→ Problem description: Look through the material below and copy exactly the lines from the line with "let right = search_misses" to the line with "-- A schedule", those two lines included.

→ Material for this task:
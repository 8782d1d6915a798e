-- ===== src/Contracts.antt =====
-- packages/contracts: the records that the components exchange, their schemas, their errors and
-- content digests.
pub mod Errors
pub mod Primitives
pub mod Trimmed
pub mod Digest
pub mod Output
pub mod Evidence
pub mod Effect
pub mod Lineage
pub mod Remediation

---

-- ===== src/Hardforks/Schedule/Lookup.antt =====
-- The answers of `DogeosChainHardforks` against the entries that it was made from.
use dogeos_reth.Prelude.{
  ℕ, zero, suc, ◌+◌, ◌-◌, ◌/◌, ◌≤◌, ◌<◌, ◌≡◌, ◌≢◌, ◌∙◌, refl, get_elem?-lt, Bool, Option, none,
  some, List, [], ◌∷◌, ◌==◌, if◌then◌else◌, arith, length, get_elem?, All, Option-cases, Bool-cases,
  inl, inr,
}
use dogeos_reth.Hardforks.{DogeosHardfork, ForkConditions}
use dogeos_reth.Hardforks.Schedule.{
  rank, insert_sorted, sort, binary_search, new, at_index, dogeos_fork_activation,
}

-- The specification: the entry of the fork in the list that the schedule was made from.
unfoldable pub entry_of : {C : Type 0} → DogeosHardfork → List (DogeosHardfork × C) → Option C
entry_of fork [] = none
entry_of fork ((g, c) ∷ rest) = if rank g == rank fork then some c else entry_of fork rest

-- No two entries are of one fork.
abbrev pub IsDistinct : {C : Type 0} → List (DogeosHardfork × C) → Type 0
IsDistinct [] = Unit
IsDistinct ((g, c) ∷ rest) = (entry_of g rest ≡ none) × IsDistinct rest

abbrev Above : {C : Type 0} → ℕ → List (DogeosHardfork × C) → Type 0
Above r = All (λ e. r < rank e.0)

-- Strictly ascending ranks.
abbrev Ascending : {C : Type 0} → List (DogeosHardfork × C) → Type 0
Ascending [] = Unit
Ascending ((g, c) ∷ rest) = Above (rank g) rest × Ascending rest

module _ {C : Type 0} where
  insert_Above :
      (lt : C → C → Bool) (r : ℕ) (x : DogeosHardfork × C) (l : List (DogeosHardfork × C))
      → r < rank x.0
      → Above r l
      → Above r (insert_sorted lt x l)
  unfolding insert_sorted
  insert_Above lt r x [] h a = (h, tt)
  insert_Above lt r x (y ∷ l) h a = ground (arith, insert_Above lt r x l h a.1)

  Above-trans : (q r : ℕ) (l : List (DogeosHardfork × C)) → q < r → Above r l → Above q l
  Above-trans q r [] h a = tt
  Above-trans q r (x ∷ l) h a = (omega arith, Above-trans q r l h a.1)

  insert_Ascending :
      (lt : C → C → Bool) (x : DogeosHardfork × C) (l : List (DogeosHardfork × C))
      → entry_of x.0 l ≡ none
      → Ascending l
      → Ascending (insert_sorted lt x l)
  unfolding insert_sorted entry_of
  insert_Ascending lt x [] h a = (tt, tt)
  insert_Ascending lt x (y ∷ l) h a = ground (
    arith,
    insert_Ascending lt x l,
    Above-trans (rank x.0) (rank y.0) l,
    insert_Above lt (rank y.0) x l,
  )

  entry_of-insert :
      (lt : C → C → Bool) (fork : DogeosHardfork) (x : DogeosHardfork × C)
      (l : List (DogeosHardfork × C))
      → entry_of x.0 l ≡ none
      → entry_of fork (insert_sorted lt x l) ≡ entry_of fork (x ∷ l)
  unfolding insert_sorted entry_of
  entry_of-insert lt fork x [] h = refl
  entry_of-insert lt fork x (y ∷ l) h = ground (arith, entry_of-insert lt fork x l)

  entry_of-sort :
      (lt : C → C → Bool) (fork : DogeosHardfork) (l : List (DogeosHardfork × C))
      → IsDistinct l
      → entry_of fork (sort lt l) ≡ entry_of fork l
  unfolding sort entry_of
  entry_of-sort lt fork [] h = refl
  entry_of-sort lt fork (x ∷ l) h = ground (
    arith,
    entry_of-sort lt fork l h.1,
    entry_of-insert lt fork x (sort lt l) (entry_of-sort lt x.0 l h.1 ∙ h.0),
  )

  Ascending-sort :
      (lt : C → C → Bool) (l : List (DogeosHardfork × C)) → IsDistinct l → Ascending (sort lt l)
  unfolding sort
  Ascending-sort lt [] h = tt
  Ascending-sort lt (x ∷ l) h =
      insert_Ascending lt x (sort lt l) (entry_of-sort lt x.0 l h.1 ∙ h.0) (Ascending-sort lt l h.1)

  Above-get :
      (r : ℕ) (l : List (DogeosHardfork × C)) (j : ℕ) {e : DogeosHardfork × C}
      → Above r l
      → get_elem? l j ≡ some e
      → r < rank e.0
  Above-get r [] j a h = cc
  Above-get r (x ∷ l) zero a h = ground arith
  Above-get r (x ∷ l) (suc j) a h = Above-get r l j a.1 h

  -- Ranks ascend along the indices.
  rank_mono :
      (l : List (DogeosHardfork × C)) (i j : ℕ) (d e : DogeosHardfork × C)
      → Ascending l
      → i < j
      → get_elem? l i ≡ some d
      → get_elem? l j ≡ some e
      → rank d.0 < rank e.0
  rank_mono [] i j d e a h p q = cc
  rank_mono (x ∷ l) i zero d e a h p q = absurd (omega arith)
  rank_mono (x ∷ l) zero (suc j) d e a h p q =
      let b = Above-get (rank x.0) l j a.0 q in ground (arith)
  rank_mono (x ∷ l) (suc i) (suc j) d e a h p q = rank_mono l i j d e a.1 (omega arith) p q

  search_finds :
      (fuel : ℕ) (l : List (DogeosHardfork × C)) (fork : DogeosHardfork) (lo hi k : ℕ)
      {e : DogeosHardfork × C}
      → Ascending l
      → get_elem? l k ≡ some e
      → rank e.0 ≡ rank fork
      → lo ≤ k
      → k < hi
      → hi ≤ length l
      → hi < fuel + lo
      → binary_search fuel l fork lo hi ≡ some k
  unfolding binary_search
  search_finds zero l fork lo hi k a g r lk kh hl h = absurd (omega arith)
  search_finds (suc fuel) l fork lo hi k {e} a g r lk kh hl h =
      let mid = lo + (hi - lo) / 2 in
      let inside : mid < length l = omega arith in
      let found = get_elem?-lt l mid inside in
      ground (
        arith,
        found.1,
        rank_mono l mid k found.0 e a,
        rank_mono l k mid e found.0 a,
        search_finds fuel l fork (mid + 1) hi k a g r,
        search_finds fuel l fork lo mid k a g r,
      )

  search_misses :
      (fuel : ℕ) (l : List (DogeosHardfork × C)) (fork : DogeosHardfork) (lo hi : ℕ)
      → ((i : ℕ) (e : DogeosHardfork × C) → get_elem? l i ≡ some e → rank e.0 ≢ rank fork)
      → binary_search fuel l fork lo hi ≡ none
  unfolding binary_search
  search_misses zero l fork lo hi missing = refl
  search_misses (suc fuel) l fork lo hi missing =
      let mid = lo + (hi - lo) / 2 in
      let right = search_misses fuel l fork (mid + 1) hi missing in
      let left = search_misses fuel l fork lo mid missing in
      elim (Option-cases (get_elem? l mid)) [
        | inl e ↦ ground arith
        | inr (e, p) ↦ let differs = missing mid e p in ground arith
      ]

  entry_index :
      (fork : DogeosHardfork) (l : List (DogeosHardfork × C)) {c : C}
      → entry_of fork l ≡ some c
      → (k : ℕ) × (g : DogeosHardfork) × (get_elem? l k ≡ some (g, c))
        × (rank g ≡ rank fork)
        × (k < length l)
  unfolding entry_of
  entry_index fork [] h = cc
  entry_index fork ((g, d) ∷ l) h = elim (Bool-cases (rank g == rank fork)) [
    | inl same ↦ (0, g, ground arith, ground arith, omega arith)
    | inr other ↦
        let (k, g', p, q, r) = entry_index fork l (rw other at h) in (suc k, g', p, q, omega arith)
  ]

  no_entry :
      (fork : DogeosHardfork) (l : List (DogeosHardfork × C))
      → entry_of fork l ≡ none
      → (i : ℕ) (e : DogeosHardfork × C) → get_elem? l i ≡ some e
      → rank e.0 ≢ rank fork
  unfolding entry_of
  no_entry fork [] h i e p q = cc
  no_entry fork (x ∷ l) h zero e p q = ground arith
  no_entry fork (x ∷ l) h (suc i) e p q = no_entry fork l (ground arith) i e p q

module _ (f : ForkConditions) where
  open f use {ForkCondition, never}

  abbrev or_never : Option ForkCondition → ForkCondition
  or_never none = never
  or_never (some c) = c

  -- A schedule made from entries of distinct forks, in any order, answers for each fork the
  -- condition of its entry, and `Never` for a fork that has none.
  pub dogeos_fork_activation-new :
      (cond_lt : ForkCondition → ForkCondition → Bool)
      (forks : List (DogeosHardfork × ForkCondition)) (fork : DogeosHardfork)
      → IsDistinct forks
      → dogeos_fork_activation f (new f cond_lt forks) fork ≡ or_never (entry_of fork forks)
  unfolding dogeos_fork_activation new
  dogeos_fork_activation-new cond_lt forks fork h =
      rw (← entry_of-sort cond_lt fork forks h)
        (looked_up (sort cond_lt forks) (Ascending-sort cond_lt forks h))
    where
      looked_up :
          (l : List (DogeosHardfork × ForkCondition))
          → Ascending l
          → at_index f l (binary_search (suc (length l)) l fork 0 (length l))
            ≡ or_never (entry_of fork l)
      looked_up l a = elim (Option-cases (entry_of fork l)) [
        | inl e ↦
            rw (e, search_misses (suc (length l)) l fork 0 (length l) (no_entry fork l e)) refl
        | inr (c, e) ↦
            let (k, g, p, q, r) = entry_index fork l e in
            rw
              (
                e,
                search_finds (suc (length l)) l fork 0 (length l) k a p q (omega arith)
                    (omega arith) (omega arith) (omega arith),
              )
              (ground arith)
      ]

→ Solution for this task:
      let right = search_misses fuel l fork (mid + 1) hi missing in
      let left = search_misses fuel l fork lo mid missing in
      elim (Option-cases (get_elem? l mid)) [
        | inl e ↦ ground arith
        | inr (e, p) ↦ let differs = missing mid e p in ground arith
      ]

  entry_index :
      (fork : DogeosHardfork) (l : List (DogeosHardfork × C)) {c : C}
      → entry_of fork l ≡ some c
      → (k : ℕ) × (g : DogeosHardfork) × (get_elem? l k ≡ some (g, c))
        × (rank g ≡ rank fork)
        × (k < length l)
  unfolding entry_of
  entry_index fork [] h = cc
  entry_index fork ((g, d) ∷ l) h = elim (Bool-cases (rank g == rank fork)) [
    | inl same ↦ (0, g, ground arith, ground arith, omega arith)
    | inr other ↦
        let (k, g', p, q, r) = entry_index fork l (rw other at h) in (suc k, g', p, q, omega arith)
  ]

  no_entry :
      (fork : DogeosHardfork) (l : List (DogeosHardfork × C))
      → entry_of fork l ≡ none
      → (i : ℕ) (e : DogeosHardfork × C) → get_elem? l i ≡ some e
      → rank e.0 ≢ rank fork
  unfolding entry_of
  no_entry fork [] h i e p q = cc
  no_entry fork (x ∷ l) h zero e p q = ground arith
  no_entry fork (x ∷ l) h (suc i) e p q = no_entry fork l (ground arith) i e p q

module _ (f : ForkConditions) where
  open f use {ForkCondition, never}

  abbrev or_never : Option ForkCondition → ForkCondition
  or_never none = never
  or_never (some c) = c

  -- A schedule made from entries of distinct forks, in any order, answers for each fork the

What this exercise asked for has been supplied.